**SOURCE MATERIAL**.

BEGIN

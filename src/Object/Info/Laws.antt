-- ===== src/Object/Info/Laws.antt =====
-- The five fields of `info` are independent: each accessor as arithmetic, and the field laws.
use quuz.Prelude.{ℕ, ◌+◌, ◌-◌, ◌*◌, ◌/◌, ◌%◌, ◌^◌, ◌<◌, ◌≡◌, arith}
use quuz.Prelude.Bits.{and_low, and_ones, put_low, put_above}
use quuz.Object.Info.{
  get_bits, set_bits, refcount, cell_type, color, buffered, dirty, set_refcount, set_type,
  set_color, set_buffered, set_dirty,
}

pub refcount-eq : (b : ℕ) → refcount b ≡ b % 2 ^ 56
unfolding refcount get_bits
refcount-eq b = ground (arith, and_low 56 (b / 2 ^ 56) (b % 2 ^ 56))

pub cell_type-eq : (b : ℕ) → cell_type b ≡ b / 2 ^ 56 % 2 ^ 4
unfolding cell_type get_bits
cell_type-eq b = ground (arith, and_low 4 (b / 2 ^ 60) (b / 2 ^ 56 % 2 ^ 4))

pub color-eq : (b : ℕ) → color b ≡ b / 2 ^ 60 % 2 ^ 2
unfolding color get_bits
color-eq b = ground (arith, and_low 2 (b / 2 ^ 62) (b / 2 ^ 60 % 2 ^ 2))

pub buffered-eq : (b : ℕ) → buffered b ≡ b / 2 ^ 62 % 2
unfolding buffered get_bits
buffered-eq b = ground (arith, and_low 1 (b / 2 ^ 63) (b / 2 ^ 62 % 2))

pub dirty-eq : (b : ℕ) → dirty b ≡ b / 2 ^ 63 % 2
unfolding dirty get_bits
dirty-eq b = ground (arith, and_low 1 (b / 2 ^ 64) (b / 2 ^ 63 % 2))

pub set_refcount-eq :
    (b v : ℕ) → b < 2 ^ 64 → v < 2 ^ 56 → set_refcount b v ≡ b / 2 ^ 56 * 2 ^ 56 + v
unfolding set_refcount set_bits
set_refcount-eq b v h l =
    ground (arith, put_low 56 (b / 2 ^ 56) (b % 2 ^ 56) (2 ^ 8 - 1) v, and_ones 8 (b / 2 ^ 56))

pub set_type-eq :
    (b v : ℕ)
    → b < 2 ^ 64
    → v < 2 ^ 4
    → set_type b v ≡ b / 2 ^ 60 * 2 ^ 60 + v * 2 ^ 56 + b % 2 ^ 56
unfolding set_type set_bits
set_type-eq b v h l = ground (
  arith,
  put_above 56 (b / 2 ^ 56) (b % 2 ^ 56) ((2 ^ 4 - 1) * 2 ^ 4) v,
  put_low 4 (b / 2 ^ 60) (b / 2 ^ 56 % 2 ^ 4) (2 ^ 4 - 1) v,
  and_ones 4 (b / 2 ^ 60),
)

pub set_color-eq :
    (b v : ℕ)
    → b < 2 ^ 64
    → v < 2 ^ 2
    → set_color b v ≡ b / 2 ^ 62 * 2 ^ 62 + v * 2 ^ 60 + b % 2 ^ 60
unfolding set_color set_bits
set_color-eq b v h l = ground (
  arith,
  put_above 60 (b / 2 ^ 60) (b % 2 ^ 60) ((2 ^ 2 - 1) * 2 ^ 2) v,
  put_low 2 (b / 2 ^ 62) (b / 2 ^ 60 % 2 ^ 2) (2 ^ 2 - 1) v,
  and_ones 2 (b / 2 ^ 62),
)

pub set_buffered-eq :
    (b v : ℕ)
    → b < 2 ^ 64
    → v < 2
    → set_buffered b v ≡ b / 2 ^ 63 * 2 ^ 63 + v * 2 ^ 62 + b % 2 ^ 62
unfolding set_buffered set_bits
set_buffered-eq b v h l = ground (
  arith,
  put_above 62 (b / 2 ^ 62) (b % 2 ^ 62) ((2 ^ 1 - 1) * 2 ^ 1) v,
  put_low 1 (b / 2 ^ 63) (b / 2 ^ 62 % 2 ^ 1) (2 ^ 1 - 1) v,
  and_ones 1 (b / 2 ^ 63),
)

pub set_dirty-eq : (b v : ℕ) → b < 2 ^ 64 → v < 2 → set_dirty b v ≡ v * 2 ^ 63 + b % 2 ^ 63
unfolding set_dirty set_bits
set_dirty-eq b v h l =
    ground (arith, put_above 63 (b / 2 ^ 63) (b % 2 ^ 63) 0 v, put_low 1 0 (b / 2 ^ 63) 0 v)

-- What a word holds, field by field.
pub record Fields : Type 0 where
  pub refcount : ℕ
  pub cell_type : ℕ
  pub color : ℕ
  pub buffered : ℕ
  pub dirty : ℕ

abbrev pub fields : ℕ → Fields
fields b = record {
  refcount = refcount b;
  cell_type = cell_type b;
  color = color b;
  buffered = buffered b;
  dirty = dirty b;
}

module _ (b v : ℕ) (word : b < 2 ^ 64) where
  pub fields-set_refcount :
      v < 2 ^ 56 → fields (set_refcount b v) ≡ record (fields b) { refcount = v }
  fields-set_refcount l =
      rw (set_refcount-eq b v word l)
        (simp (refcount-eq, cell_type-eq, color-eq, buffered-eq, dirty-eq) (ground arith))

  pub fields-set_type : v < 2 ^ 4 → fields (set_type b v) ≡ record (fields b) { cell_type = v }
  fields-set_type l =
      rw (set_type-eq b v word l)
        (simp (refcount-eq, cell_type-eq, color-eq, buffered-eq, dirty-eq) (ground arith))

  pub fields-set_color : v < 2 ^ 2 → fields (set_color b v) ≡ record (fields b) { color = v }
  fields-set_color l =
      rw (set_color-eq b v word l)
        (simp (refcount-eq, cell_type-eq, color-eq, buffered-eq, dirty-eq) (ground arith))

  pub fields-set_buffered : v < 2 → fields (set_buffered b v) ≡ record (fields b) { buffered = v }
  fields-set_buffered l =
      rw (set_buffered-eq b v word l)
        (simp (refcount-eq, cell_type-eq, color-eq, buffered-eq, dirty-eq) (ground arith))

  pub fields-set_dirty : v < 2 → fields (set_dirty b v) ≡ record (fields b) { dirty = v }
  fields-set_dirty l =
      rw (set_dirty-eq b v word l)
        (simp (refcount-eq, cell_type-eq, color-eq, buffered-eq, dirty-eq) (ground arith))

-- Values that fit their fields.
pub record IsFields (f : Fields) : Type 0 where
  pub refcount : f.refcount < 2 ^ 56
  pub cell_type : f.cell_type < 2 ^ 4
  pub color : f.color < 2 ^ 2
  pub buffered : f.buffered < 2
  pub dirty : f.dirty < 2

-- In a word, each of the five setters writes a value that fits its field, and the other four fields
-- read as before.
pub setters-fields :
    (b : ℕ) (f : Fields)
    → b < 2 ^ 64
    → IsFields f
    → (fields (set_refcount b f.refcount) ≡ record (fields b) { refcount = f.refcount })
      × (fields (set_type b f.cell_type) ≡ record (fields b) { cell_type = f.cell_type })
      × (fields (set_color b f.color) ≡ record (fields b) { color = f.color })
      × (fields (set_buffered b f.buffered) ≡ record (fields b) { buffered = f.buffered })
      × (fields (set_dirty b f.dirty) ≡ record (fields b) { dirty = f.dirty })
setters-fields b f word fit = (
  fields-set_refcount b f.refcount word fit.refcount,
  fields-set_type b f.cell_type word fit.cell_type,
  fields-set_color b f.color word fit.color,
  fields-set_buffered b f.buffered word fit.buffered,
  fields-set_dirty b f.dirty word fit.dirty,
)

END

Would you return all of the material exactly as written?

**THE ANSWER**.
filename src/Object/Info/Laws.antt
-- ===== src/Object/Info/Laws.antt =====
-- The five fields of `info` are independent: each accessor as arithmetic, and the field laws.
use quuz.Prelude.{ℕ, ◌+◌, ◌-◌, ◌*◌, ◌/◌, ◌%◌, ◌^◌, ◌<◌, ◌≡◌, arith}
use quuz.Prelude.Bits.{and_low, and_ones, put_low, put_above}
use quuz.Object.Info.{
  get_bits, set_bits, refcount, cell_type, color, buffered, dirty, set_refcount, set_type,
  set_color, set_buffered, set_dirty,
}

pub refcount-eq : (b : ℕ) → refcount b ≡ b % 2 ^ 56
unfolding refcount get_bits
refcount-eq b = ground (arith, and_low 56 (b / 2 ^ 56) (b % 2 ^ 56))

pub cell_type-eq : (b : ℕ) → cell_type b ≡ b / 2 ^ 56 % 2 ^ 4
unfolding cell_type get_bits
cell_type-eq b = ground (arith, and_low 4 (b / 2 ^ 60) (b / 2 ^ 56 % 2 ^ 4))

pub color-eq : (b : ℕ) → color b ≡ b / 2 ^ 60 % 2 ^ 2
unfolding color get_bits
color-eq b = ground (arith, and_low 2 (b / 2 ^ 62) (b / 2 ^ 60 % 2 ^ 2))

pub buffered-eq : (b : ℕ) → buffered b ≡ b / 2 ^ 62 % 2
unfolding buffered get_bits
buffered-eq b = ground (arith, and_low 1 (b / 2 ^ 63) (b / 2 ^ 62 % 2))

pub dirty-eq : (b : ℕ) → dirty b ≡ b / 2 ^ 63 % 2
unfolding dirty get_bits
dirty-eq b = ground (arith, and_low 1 (b / 2 ^ 64) (b / 2 ^ 63 % 2))

pub set_refcount-eq :
    (b v : ℕ) → b < 2 ^ 64 → v < 2 ^ 56 → set_refcount b v ≡ b / 2 ^ 56 * 2 ^ 56 + v
unfolding set_refcount set_bits
set_refcount-eq b v h l =
    ground (arith, put_low 56 (b / 2 ^ 56) (b % 2 ^ 56) (2 ^ 8 - 1) v, and_ones 8 (b / 2 ^ 56))

pub set_type-eq :
    (b v : ℕ)
    → b < 2 ^ 64
    → v < 2 ^ 4
    → set_type b v ≡ b / 2 ^ 60 * 2 ^ 60 + v * 2 ^ 56 + b % 2 ^ 56
unfolding set_type set_bits
set_type-eq b v h l = ground (
  arith,
  put_above 56 (b / 2 ^ 56) (b % 2 ^ 56) ((2 ^ 4 - 1) * 2 ^ 4) v,
  put_low 4 (b / 2 ^ 60) (b / 2 ^ 56 % 2 ^ 4) (2 ^ 4 - 1) v,
  and_ones 4 (b / 2 ^ 60),
)

pub set_color-eq :
    (b v : ℕ)
    → b < 2 ^ 64
    → v < 2 ^ 2
    → set_color b v ≡ b / 2 ^ 62 * 2 ^ 62 + v * 2 ^ 60 + b % 2 ^ 60
unfolding set_color set_bits
set_color-eq b v h l = ground (
  arith,
  put_above 60 (b / 2 ^ 60) (b % 2 ^ 60) ((2 ^ 2 - 1) * 2 ^ 2) v,
  put_low 2 (b / 2 ^ 62) (b / 2 ^ 60 % 2 ^ 2) (2 ^ 2 - 1) v,
  and_ones 2 (b / 2 ^ 62),
)

pub set_buffered-eq :
    (b v : ℕ)
    → b < 2 ^ 64
    → v < 2
    → set_buffered b v ≡ b / 2 ^ 63 * 2 ^ 63 + v * 2 ^ 62 + b % 2 ^ 62
unfolding set_buffered set_bits
set_buffered-eq b v h l = ground (
  arith,
  put_above 62 (b / 2 ^ 62) (b % 2 ^ 62) ((2 ^ 1 - 1) * 2 ^ 1) v,
  put_low 1 (b / 2 ^ 63) (b / 2 ^ 62 % 2 ^ 1) (2 ^ 1 - 1) v,
  and_ones 1 (b / 2 ^ 63),
)

pub set_dirty-eq : (b v : ℕ) → b < 2 ^ 64 → v < 2 → set_dirty b v ≡ v * 2 ^ 63 + b % 2 ^ 63
unfolding set_dirty set_bits
set_dirty-eq b v h l =
    ground (arith, put_above 63 (b / 2 ^ 63) (b % 2 ^ 63) 0 v, put_low 1 0 (b / 2 ^ 63) 0 v)

-- What a word holds, field by field.
pub record Fields : Type 0 where
  pub refcount : ℕ
  pub cell_type : ℕ
  pub color : ℕ
  pub buffered : ℕ
  pub dirty : ℕ

abbrev pub fields : ℕ → Fields
fields b = record {
  refcount = refcount b;
  cell_type = cell_type b;
  color = color b;
  buffered = buffered b;
  dirty = dirty b;
}

module _ (b v : ℕ) (word : b < 2 ^ 64) where
  pub fields-set_refcount :
      v < 2 ^ 56 → fields (set_refcount b v) ≡ record (fields b) { refcount = v }
  fields-set_refcount l =
      rw (set_refcount-eq b v word l)
        (simp (refcount-eq, cell_type-eq, color-eq, buffered-eq, dirty-eq) (ground arith))

  pub fields-set_type : v < 2 ^ 4 → fields (set_type b v) ≡ record (fields b) { cell_type = v }
  fields-set_type l =
      rw (set_type-eq b v word l)
        (simp (refcount-eq, cell_type-eq, color-eq, buffered-eq, dirty-eq) (ground arith))

  pub fields-set_color : v < 2 ^ 2 → fields (set_color b v) ≡ record (fields b) { color = v }
  fields-set_color l =
      rw (set_color-eq b v word l)
        (simp (refcount-eq, cell_type-eq, color-eq, buffered-eq, dirty-eq) (ground arith))

  pub fields-set_buffered : v < 2 → fields (set_buffered b v) ≡ record (fields b) { buffered = v }
  fields-set_buffered l =
      rw (set_buffered-eq b v word l)
        (simp (refcount-eq, cell_type-eq, color-eq, buffered-eq, dirty-eq) (ground arith))

  pub fields-set_dirty : v < 2 → fields (set_dirty b v) ≡ record (fields b) { dirty = v }
  fields-set_dirty l =
      rw (set_dirty-eq b v word l)
        (simp (refcount-eq, cell_type-eq, color-eq, buffered-eq, dirty-eq) (ground arith))

-- Values that fit their fields.
pub record IsFields (f : Fields) : Type 0 where
  pub refcount : f.refcount < 2 ^ 56
  pub cell_type : f.cell_type < 2 ^ 4
  pub color : f.color < 2 ^ 2
  pub buffered : f.buffered < 2
  pub dirty : f.dirty < 2

-- In a word, each of the five setters writes a value that fits its field, and the other four fields
-- read as before.
pub setters-fields :
    (b : ℕ) (f : Fields)
    → b < 2 ^ 64
    → IsFields f
    → (fields (set_refcount b f.refcount) ≡ record (fields b) { refcount = f.refcount })
      × (fields (set_type b f.cell_type) ≡ record (fields b) { cell_type = f.cell_type })
      × (fields (set_color b f.color) ≡ record (fields b) { color = f.color })
      × (fields (set_buffered b f.buffered) ≡ record (fields b) { buffered = f.buffered })
      × (fields (set_dirty b f.dirty) ≡ record (fields b) { dirty = f.dirty })
setters-fields b f word fit = (
  fields-set_refcount b f.refcount word fit.refcount,
  fields-set_type b f.cell_type word fit.cell_type,
  fields-set_color b f.color word fit.color,
  fields-set_buffered b f.buffered word fit.buffered,
  fields-set_dirty b f.dirty word fit.dirty,
)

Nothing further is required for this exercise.